* [ASSIGNED TASK]:
Print the whole listing, keeping every line exactly as given.

* [EXTRACTED DATA]:
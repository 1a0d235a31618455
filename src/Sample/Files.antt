-- ===== src/Sample/Files.antt =====
-- generate_sample.go: how the samples are written to files. The file system, the serialiser of
-- Kubernetes, strings.ToLower and filepath.Join are parameters; log.Fatal ends the run with its error.
use Prim.Native.String.{◌++◌}
use provider_exoscale.Prelude.{
  String, Bool, true, false, List, [], ◌∷◌, Result, ok, err, panic, index_range, if◌then◌else◌,
}
use provider_exoscale.Connector.{ProviderConfig}
use provider_exoscale.Bucket.{Bucket}
use provider_exoscale.Iam.{IamKey}
use provider_exoscale.Mysql.{MySql}
use provider_exoscale.Postgres.{PostgreSql}
use provider_exoscale.Redis.{Redis}
use provider_exoscale.Kafka.{Kafka}
use provider_exoscale.OpenSearch.{OpenSearch}
use provider_exoscale.Sample.{
  new_bucket_sample, new_iam_key_sample, new_provider_config_sample, new_mysql_sample,
  new_postgresql_sample, new_redis_sample, new_kafka_sample, new_opensearch_sample,
}

-- metav1.GroupVersionKind.
pub record GroupVersionKind : Type 0 where
  pub group : String
  pub version : String
  pub kind : String

abbrev pub kind_of_exoscale : String → GroupVersionKind
kind_of_exoscale kind = record { group = "exoscale.crossplane.io"; version = "v1"; kind = kind }

-- The AdmissionReview of generateIAMKeyAdmissionRequest: its request, with the user who asks. The
-- resource, and the kinds that repeat the first one, are left out.
pub record AdmissionReview : Type 0 where
  pub object : IamKey
  pub old_object : IamKey
  pub kind : GroupVersionKind
  pub name : String
  pub operation : String
  pub username : String
  pub groups : List String

pub data Object : Type 0 where
  bucket_object : Bucket → Object
  iam_key_object : IamKey → Object
  provider_config_object : ProviderConfig → Object
  admission_object : AdmissionReview → Object
  mysql_object : MySql → Object
  postgresql_object : PostgreSql → Object
  redis_object : Redis → Object
  kafka_object : Kafka → Object
  opensearch_object : OpenSearch → Object

-- The TypeMeta of the sample, as GetObjectKind gives it back.
unfoldable pub object_kind : Object → GroupVersionKind
object_kind (bucket_object b) = kind_of_exoscale "Bucket"
object_kind (iam_key_object k) = kind_of_exoscale "IAMKey"
object_kind (provider_config_object p) = kind_of_exoscale "ProviderConfig"
object_kind (admission_object a) = record {
  group = "admission.k8s.io";
  version = "v1";
  kind = "AdmissionReview";
}
object_kind (mysql_object i) = kind_of_exoscale "MySQL"
object_kind (postgresql_object i) = kind_of_exoscale "PostgreSQL"
object_kind (redis_object i) = kind_of_exoscale "Redis"
object_kind (kafka_object i) = kind_of_exoscale "Kafka"
object_kind (opensearch_object i) = kind_of_exoscale "OpenSearch"

-- The update of the sample key to another name.
unfoldable pub iam_key_admission_request : AdmissionReview
unfolding new_iam_key_sample
iam_key_admission_request =
    let old_spec = new_iam_key_sample in
    let new_spec = new_iam_key_sample in
    let p = new_spec.for_provider in
    let o = old_spec.at_provider in
    record {
      object = record new_spec { for_provider = record p { key_name = "another" } };
      old_object = record old_spec {
        at_provider = record o { key_name = old_spec.for_provider.key_name };
      };
      kind = kind_of_exoscale "IAMKey";
      name = old_spec.name;
      operation = "UPDATE";
      username = "admin";
      groups = "system:authenticated" ∷ [];
    }

pub record Files (F W : Type 0) : Type 0 where
  pub add_to_scheme : W → W × Result (Unit {0})
  pub mkdir_all : String → W → W × Result (Unit {0})
  pub create : String → W → W × Result F
  pub encode : Object → Bool → F → W → W × Result (Unit {0})
  pub join : String → String → String
  pub to_lower : String → String

-- failIfError, and what follows it.
abbrev fail_if_error : {A B W : Type 0} → W × Result A → (A → W → W × Result B) → W × Result B
fail_if_error o next = elim o.1 [
  | ok a ↦ next a o.0
  | err e ↦ (o.0, err e)
  | panic p ↦ (o.0, panic p)
]

module _ {F W : Type 0} (fs : Files F W) (args : List String) (monday : String) where
  -- In the directory of the first argument.
  unfoldable pub prepare_file : String → W → W × Result F
  prepare_file file w = elim args [
    | [] ↦ (w, panic index_range)
    | program ∷ rest ↦ elim rest [
      | [] ↦ (w, panic index_range)
      | dir ∷ others ↦ fail_if_error (fs.mkdir_all dir w) (λ u w. fs.create (fs.join dir file) w)
    ]
  ]

  unfoldable pub serialize : Object → Bool → W → W × Result (Unit {0})
  serialize object use_yaml w =
      let gvk = object_kind object in
      let file_ext = if use_yaml then "yaml" else "json" in
      let file_name =
        fs.to_lower gvk.group ++ ("_" ++ (fs.to_lower gvk.kind ++ ("." ++ file_ext))) in
      fail_if_error (prepare_file file_name w) (λ f w. fs.encode object use_yaml f w)

  -- The samples in the order of main, with whether they are written as YAML.
  unfoldable pub samples : List (Object × Bool)
  samples =
      (bucket_object new_bucket_sample, true)
      ∷ (iam_key_object new_iam_key_sample, true)
      ∷ (provider_config_object new_provider_config_sample, true)
      ∷ (admission_object iam_key_admission_request, false)
      ∷ (mysql_object (new_mysql_sample monday), true)
      ∷ (postgresql_object (new_postgresql_sample monday), true)
      ∷ (redis_object (new_redis_sample monday), true)
      ∷ (kafka_object (new_kafka_sample monday), true)
      ∷ (opensearch_object (new_opensearch_sample monday), true)
      ∷ []

  unfoldable pub serialize_all : List (Object × Bool) → W → W × Result (Unit {0})
  serialize_all [] w = (w, ok tt)
  serialize_all ((object, use_yaml) ∷ rest) w =
      fail_if_error (serialize object use_yaml w) (λ u w. serialize_all rest w)

  unfoldable pub main : W → W × Result (Unit {0})
  main w = fail_if_error (fs.add_to_scheme w) (λ u w. serialize_all samples w)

* [TASK RESULT]:
repository 1a0d235a31618455
filename src/Sample/Files.antt
-- ===== src/Sample/Files.antt =====
-- generate_sample.go: how the samples are written to files. The file system, the serialiser of
-- Kubernetes, strings.ToLower and filepath.Join are parameters; log.Fatal ends the run with its error.
use Prim.Native.String.{◌++◌}
use provider_exoscale.Prelude.{
  String, Bool, true, false, List, [], ◌∷◌, Result, ok, err, panic, index_range, if◌then◌else◌,
}
use provider_exoscale.Connector.{ProviderConfig}
use provider_exoscale.Bucket.{Bucket}
use provider_exoscale.Iam.{IamKey}
use provider_exoscale.Mysql.{MySql}
use provider_exoscale.Postgres.{PostgreSql}
use provider_exoscale.Redis.{Redis}
use provider_exoscale.Kafka.{Kafka}
use provider_exoscale.OpenSearch.{OpenSearch}
use provider_exoscale.Sample.{
  new_bucket_sample, new_iam_key_sample, new_provider_config_sample, new_mysql_sample,
  new_postgresql_sample, new_redis_sample, new_kafka_sample, new_opensearch_sample,
}

-- metav1.GroupVersionKind.
pub record GroupVersionKind : Type 0 where
  pub group : String
  pub version : String
  pub kind : String

abbrev pub kind_of_exoscale : String → GroupVersionKind
kind_of_exoscale kind = record { group = "exoscale.crossplane.io"; version = "v1"; kind = kind }

-- The AdmissionReview of generateIAMKeyAdmissionRequest: its request, with the user who asks. The
-- resource, and the kinds that repeat the first one, are left out.
pub record AdmissionReview : Type 0 where
  pub object : IamKey
  pub old_object : IamKey
  pub kind : GroupVersionKind
  pub name : String
  pub operation : String
  pub username : String
  pub groups : List String

pub data Object : Type 0 where
  bucket_object : Bucket → Object
  iam_key_object : IamKey → Object
  provider_config_object : ProviderConfig → Object
  admission_object : AdmissionReview → Object
  mysql_object : MySql → Object
  postgresql_object : PostgreSql → Object
  redis_object : Redis → Object
  kafka_object : Kafka → Object
  opensearch_object : OpenSearch → Object

-- The TypeMeta of the sample, as GetObjectKind gives it back.
unfoldable pub object_kind : Object → GroupVersionKind
object_kind (bucket_object b) = kind_of_exoscale "Bucket"
object_kind (iam_key_object k) = kind_of_exoscale "IAMKey"
object_kind (provider_config_object p) = kind_of_exoscale "ProviderConfig"
object_kind (admission_object a) = record {
  group = "admission.k8s.io";
  version = "v1";
  kind = "AdmissionReview";
}
object_kind (mysql_object i) = kind_of_exoscale "MySQL"
object_kind (postgresql_object i) = kind_of_exoscale "PostgreSQL"
object_kind (redis_object i) = kind_of_exoscale "Redis"
object_kind (kafka_object i) = kind_of_exoscale "Kafka"
object_kind (opensearch_object i) = kind_of_exoscale "OpenSearch"

-- The update of the sample key to another name.
unfoldable pub iam_key_admission_request : AdmissionReview
unfolding new_iam_key_sample
iam_key_admission_request =
    let old_spec = new_iam_key_sample in
    let new_spec = new_iam_key_sample in
    let p = new_spec.for_provider in
    let o = old_spec.at_provider in
    record {
      object = record new_spec { for_provider = record p { key_name = "another" } };
      old_object = record old_spec {
        at_provider = record o { key_name = old_spec.for_provider.key_name };
      };
      kind = kind_of_exoscale "IAMKey";
      name = old_spec.name;
      operation = "UPDATE";
      username = "admin";
      groups = "system:authenticated" ∷ [];
    }

pub record Files (F W : Type 0) : Type 0 where
  pub add_to_scheme : W → W × Result (Unit {0})
  pub mkdir_all : String → W → W × Result (Unit {0})
  pub create : String → W → W × Result F
  pub encode : Object → Bool → F → W → W × Result (Unit {0})
  pub join : String → String → String
  pub to_lower : String → String

-- failIfError, and what follows it.
abbrev fail_if_error : {A B W : Type 0} → W × Result A → (A → W → W × Result B) → W × Result B
fail_if_error o next = elim o.1 [
  | ok a ↦ next a o.0
  | err e ↦ (o.0, err e)
  | panic p ↦ (o.0, panic p)
]

module _ {F W : Type 0} (fs : Files F W) (args : List String) (monday : String) where
  -- In the directory of the first argument.
  unfoldable pub prepare_file : String → W → W × Result F
  prepare_file file w = elim args [
    | [] ↦ (w, panic index_range)
    | program ∷ rest ↦ elim rest [
      | [] ↦ (w, panic index_range)
      | dir ∷ others ↦ fail_if_error (fs.mkdir_all dir w) (λ u w. fs.create (fs.join dir file) w)
    ]
  ]

  unfoldable pub serialize : Object → Bool → W → W × Result (Unit {0})
  serialize object use_yaml w =
      let gvk = object_kind object in
      let file_ext = if use_yaml then "yaml" else "json" in
      let file_name =
        fs.to_lower gvk.group ++ ("_" ++ (fs.to_lower gvk.kind ++ ("." ++ file_ext))) in
      fail_if_error (prepare_file file_name w) (λ f w. fs.encode object use_yaml f w)

  -- The samples in the order of main, with whether they are written as YAML.
  unfoldable pub samples : List (Object × Bool)
  samples =
      (bucket_object new_bucket_sample, true)
      ∷ (iam_key_object new_iam_key_sample, true)
      ∷ (provider_config_object new_provider_config_sample, true)
      ∷ (admission_object iam_key_admission_request, false)
      ∷ (mysql_object (new_mysql_sample monday), true)
      ∷ (postgresql_object (new_postgresql_sample monday), true)
      ∷ (redis_object (new_redis_sample monday), true)
      ∷ (kafka_object (new_kafka_sample monday), true)
      ∷ (opensearch_object (new_opensearch_sample monday), true)
      ∷ []

  unfoldable pub serialize_all : List (Object × Bool) → W → W × Result (Unit {0})
  serialize_all [] w = (w, ok tt)
  serialize_all ((object, use_yaml) ∷ rest) w =
      fail_if_error (serialize object use_yaml w) (λ u w. serialize_all rest w)

  unfoldable pub main : W → W × Result (Unit {0})
  main w = fail_if_error (fs.add_to_scheme w) (λ u w. serialize_all samples w)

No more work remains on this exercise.